## [TASK]
Only one portion of the data is to be written out: from the line bearing "va)) ≡ true)))))" through the line bearing "rw (map_page, e4, small3, e3, small2, e2, h1)". Write it exactly as it appears.

══ RECORDS FOR THE EXERCISE

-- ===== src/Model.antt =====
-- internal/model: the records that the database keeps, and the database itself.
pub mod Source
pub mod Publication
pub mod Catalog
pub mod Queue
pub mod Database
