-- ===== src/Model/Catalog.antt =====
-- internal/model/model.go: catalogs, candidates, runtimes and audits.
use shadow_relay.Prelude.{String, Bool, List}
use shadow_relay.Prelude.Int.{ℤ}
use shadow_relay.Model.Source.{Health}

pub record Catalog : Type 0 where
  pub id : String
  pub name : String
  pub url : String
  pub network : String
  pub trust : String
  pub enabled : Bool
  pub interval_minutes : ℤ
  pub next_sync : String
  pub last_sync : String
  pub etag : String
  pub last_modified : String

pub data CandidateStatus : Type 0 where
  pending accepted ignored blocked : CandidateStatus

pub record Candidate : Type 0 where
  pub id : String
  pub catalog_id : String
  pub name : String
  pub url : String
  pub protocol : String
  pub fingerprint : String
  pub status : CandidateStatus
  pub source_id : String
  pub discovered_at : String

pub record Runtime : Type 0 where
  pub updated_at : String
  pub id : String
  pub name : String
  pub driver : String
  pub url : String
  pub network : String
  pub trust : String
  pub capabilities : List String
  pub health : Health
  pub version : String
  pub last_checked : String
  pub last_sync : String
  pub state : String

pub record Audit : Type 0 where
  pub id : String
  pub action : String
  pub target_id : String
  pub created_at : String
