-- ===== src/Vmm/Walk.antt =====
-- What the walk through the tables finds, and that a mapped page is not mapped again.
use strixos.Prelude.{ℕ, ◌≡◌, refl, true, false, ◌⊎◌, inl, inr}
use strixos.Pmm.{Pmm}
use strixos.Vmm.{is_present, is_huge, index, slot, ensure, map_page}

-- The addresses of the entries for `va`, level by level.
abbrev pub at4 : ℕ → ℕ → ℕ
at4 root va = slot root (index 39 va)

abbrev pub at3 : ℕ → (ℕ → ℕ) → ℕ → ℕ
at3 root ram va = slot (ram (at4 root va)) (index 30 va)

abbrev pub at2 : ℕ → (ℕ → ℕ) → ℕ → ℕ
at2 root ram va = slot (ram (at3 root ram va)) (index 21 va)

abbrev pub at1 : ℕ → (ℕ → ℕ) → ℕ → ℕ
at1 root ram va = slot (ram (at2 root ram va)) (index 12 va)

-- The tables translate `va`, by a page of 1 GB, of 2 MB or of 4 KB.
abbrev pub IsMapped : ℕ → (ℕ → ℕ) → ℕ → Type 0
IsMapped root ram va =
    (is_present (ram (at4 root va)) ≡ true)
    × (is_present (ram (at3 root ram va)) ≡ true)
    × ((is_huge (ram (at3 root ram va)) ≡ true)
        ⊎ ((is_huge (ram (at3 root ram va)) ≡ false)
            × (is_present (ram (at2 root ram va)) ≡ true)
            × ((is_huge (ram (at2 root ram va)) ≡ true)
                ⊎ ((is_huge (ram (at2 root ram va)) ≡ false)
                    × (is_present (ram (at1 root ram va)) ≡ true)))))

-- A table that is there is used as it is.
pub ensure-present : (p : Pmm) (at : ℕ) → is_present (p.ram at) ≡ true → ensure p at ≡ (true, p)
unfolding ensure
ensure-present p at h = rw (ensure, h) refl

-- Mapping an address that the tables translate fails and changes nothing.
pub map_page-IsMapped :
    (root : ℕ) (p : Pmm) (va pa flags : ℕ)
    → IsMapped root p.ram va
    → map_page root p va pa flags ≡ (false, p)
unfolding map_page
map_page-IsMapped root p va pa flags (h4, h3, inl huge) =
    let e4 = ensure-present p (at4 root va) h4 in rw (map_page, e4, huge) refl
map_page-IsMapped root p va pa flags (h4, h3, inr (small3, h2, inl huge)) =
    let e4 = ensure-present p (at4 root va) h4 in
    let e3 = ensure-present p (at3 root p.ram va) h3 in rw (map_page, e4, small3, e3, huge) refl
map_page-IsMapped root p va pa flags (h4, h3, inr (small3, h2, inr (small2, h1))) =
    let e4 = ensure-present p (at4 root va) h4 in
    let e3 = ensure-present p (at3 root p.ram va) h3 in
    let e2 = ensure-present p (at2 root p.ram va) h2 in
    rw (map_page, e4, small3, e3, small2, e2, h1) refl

════
══ RECORDS FOR THE EXERCISE

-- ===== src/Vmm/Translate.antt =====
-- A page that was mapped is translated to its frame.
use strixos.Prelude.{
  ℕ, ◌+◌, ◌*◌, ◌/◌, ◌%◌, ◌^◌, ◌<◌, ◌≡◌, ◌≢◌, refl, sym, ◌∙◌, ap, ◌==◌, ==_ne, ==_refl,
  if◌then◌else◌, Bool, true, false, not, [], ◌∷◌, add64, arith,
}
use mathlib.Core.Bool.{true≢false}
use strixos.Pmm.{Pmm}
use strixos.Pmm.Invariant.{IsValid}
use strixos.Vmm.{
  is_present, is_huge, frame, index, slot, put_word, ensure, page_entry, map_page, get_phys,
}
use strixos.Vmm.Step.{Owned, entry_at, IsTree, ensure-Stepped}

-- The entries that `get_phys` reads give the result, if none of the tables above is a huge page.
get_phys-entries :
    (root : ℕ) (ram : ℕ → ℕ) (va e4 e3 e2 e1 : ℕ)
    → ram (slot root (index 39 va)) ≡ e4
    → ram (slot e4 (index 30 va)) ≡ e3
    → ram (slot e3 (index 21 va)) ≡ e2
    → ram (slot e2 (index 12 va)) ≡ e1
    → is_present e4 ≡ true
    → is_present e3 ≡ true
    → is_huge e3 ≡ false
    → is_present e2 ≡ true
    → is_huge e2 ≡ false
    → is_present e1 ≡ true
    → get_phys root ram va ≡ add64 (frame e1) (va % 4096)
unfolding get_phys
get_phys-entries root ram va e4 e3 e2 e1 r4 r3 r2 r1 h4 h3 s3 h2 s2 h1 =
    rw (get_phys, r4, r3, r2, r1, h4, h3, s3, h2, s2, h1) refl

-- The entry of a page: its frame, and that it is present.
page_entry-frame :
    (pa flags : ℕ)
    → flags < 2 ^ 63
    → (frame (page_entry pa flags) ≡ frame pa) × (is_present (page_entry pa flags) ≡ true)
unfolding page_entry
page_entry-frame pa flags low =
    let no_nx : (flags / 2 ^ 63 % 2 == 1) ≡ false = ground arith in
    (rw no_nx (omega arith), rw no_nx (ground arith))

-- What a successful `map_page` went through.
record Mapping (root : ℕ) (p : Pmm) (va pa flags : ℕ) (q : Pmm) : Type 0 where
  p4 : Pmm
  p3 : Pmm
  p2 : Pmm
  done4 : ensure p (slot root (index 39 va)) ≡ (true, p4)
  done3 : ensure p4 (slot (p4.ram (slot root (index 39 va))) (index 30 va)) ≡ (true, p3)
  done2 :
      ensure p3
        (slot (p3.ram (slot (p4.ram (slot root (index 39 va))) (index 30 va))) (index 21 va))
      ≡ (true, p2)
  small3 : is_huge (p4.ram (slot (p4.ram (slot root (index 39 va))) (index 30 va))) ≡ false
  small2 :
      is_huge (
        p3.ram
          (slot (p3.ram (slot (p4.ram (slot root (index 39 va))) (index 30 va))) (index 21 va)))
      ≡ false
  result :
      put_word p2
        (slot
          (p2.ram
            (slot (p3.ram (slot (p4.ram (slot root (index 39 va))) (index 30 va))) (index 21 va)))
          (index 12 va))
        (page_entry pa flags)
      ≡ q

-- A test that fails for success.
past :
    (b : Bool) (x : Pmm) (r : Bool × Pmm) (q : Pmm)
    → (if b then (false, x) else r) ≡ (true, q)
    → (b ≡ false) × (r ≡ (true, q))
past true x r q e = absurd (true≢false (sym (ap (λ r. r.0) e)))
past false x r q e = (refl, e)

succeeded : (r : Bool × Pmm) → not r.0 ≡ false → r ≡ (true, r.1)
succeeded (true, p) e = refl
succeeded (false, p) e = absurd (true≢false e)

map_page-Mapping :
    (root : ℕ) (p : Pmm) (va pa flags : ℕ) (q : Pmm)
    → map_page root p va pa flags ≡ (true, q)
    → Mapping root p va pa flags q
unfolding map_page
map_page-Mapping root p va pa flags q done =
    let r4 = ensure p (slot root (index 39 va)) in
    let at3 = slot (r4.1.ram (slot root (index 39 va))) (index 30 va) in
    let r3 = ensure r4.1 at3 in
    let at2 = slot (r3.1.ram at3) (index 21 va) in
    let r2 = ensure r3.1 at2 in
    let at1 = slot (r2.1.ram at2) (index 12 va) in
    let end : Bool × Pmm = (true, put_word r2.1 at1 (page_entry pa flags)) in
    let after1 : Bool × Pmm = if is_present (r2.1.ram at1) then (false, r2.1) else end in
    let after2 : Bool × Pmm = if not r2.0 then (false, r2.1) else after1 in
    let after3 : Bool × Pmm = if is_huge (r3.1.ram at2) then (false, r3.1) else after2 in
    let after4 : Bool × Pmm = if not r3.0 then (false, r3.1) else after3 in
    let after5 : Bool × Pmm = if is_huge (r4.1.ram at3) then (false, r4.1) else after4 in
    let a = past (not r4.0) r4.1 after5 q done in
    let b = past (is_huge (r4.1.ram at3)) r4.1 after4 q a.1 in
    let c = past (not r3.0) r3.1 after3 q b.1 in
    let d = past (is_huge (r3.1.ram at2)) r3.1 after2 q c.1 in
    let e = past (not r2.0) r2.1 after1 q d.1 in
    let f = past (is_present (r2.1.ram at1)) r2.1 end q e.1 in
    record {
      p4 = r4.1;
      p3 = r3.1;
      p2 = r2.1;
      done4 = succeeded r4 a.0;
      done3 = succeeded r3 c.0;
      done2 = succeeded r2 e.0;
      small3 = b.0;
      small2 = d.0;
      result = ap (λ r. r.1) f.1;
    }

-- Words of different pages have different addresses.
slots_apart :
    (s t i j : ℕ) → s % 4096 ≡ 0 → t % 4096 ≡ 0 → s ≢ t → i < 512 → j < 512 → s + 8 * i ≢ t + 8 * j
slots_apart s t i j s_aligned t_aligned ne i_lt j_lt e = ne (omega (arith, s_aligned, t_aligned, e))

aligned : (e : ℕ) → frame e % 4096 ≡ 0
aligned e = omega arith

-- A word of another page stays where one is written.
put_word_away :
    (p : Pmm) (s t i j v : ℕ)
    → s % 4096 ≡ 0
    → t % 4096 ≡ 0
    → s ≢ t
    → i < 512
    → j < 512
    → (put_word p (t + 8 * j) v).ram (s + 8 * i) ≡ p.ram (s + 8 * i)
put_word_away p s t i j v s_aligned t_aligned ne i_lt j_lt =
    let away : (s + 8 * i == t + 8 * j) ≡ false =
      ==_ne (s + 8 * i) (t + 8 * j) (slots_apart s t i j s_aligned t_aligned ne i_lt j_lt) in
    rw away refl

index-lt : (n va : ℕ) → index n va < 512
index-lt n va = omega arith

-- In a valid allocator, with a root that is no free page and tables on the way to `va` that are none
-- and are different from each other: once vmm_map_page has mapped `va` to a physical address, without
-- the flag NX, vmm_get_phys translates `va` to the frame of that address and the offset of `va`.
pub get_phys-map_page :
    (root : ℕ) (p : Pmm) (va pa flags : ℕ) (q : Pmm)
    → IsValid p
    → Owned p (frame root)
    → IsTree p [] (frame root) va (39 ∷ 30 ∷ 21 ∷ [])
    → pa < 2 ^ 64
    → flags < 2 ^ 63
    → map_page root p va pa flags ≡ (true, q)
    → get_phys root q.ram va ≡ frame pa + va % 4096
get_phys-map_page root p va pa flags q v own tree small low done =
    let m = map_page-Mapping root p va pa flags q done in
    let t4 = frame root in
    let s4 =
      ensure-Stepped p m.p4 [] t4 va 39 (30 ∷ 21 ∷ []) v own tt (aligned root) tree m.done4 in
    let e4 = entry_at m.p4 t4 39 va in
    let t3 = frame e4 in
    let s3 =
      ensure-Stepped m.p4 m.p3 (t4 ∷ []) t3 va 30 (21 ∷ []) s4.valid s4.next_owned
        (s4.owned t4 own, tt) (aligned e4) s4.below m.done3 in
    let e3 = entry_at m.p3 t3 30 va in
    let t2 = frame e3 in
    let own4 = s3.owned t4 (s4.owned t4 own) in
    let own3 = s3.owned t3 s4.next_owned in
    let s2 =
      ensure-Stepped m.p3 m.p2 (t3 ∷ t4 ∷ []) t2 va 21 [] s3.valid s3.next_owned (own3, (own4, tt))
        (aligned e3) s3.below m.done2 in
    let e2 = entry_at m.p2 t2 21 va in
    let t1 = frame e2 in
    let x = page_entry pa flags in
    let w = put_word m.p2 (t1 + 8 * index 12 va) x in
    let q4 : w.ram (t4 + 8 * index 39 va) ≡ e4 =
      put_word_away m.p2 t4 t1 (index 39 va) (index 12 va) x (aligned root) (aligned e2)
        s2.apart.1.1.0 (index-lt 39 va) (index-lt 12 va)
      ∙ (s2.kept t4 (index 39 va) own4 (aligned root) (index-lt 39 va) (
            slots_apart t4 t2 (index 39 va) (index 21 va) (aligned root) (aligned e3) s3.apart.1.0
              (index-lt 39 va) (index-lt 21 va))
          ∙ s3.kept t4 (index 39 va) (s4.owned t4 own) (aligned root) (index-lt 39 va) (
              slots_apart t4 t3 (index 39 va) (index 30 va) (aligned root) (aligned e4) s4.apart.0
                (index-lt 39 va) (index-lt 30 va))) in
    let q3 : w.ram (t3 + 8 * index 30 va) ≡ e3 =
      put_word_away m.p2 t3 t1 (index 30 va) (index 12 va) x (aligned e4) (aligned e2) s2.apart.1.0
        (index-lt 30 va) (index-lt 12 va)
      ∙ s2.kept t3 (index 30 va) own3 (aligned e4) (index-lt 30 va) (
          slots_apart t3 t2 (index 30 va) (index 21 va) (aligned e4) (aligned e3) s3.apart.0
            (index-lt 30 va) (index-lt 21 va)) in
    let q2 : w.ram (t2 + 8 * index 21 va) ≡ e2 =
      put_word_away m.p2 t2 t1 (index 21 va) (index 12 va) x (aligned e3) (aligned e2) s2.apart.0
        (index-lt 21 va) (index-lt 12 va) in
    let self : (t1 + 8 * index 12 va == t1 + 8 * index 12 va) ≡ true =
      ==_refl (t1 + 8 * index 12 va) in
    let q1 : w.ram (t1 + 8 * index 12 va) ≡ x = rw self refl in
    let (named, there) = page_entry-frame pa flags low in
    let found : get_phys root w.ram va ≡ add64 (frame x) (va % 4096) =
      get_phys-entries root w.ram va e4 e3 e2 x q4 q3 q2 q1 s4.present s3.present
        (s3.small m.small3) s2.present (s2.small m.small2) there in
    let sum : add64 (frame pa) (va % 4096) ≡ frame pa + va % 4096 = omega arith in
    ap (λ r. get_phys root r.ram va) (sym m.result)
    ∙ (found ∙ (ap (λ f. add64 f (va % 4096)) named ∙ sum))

════

## [ANSWER TO THIS EXERCISE]
                    × (is_present (ram (at1 root ram va)) ≡ true)))))

-- A table that is there is used as it is.
pub ensure-present : (p : Pmm) (at : ℕ) → is_present (p.ram at) ≡ true → ensure p at ≡ (true, p)
unfolding ensure
ensure-present p at h = rw (ensure, h) refl

-- Mapping an address that the tables translate fails and changes nothing.
pub map_page-IsMapped :
    (root : ℕ) (p : Pmm) (va pa flags : ℕ)
    → IsMapped root p.ram va
    → map_page root p va pa flags ≡ (false, p)
unfolding map_page
map_page-IsMapped root p va pa flags (h4, h3, inl huge) =
    let e4 = ensure-present p (at4 root va) h4 in rw (map_page, e4, huge) refl
map_page-IsMapped root p va pa flags (h4, h3, inr (small3, h2, inl huge)) =
    let e4 = ensure-present p (at4 root va) h4 in
    let e3 = ensure-present p (at3 root p.ram va) h3 in rw (map_page, e4, small3, e3, huge) refl
map_page-IsMapped root p va pa flags (h4, h3, inr (small3, h2, inr (small2, h1))) =
    let e4 = ensure-present p (at4 root va) h4 in
    let e3 = ensure-present p (at3 root p.ram va) h3 in
    let e2 = ensure-present p (at2 root p.ram va) h2 in
    rw (map_page, e4, small3, e3, small2, e2, h1) refl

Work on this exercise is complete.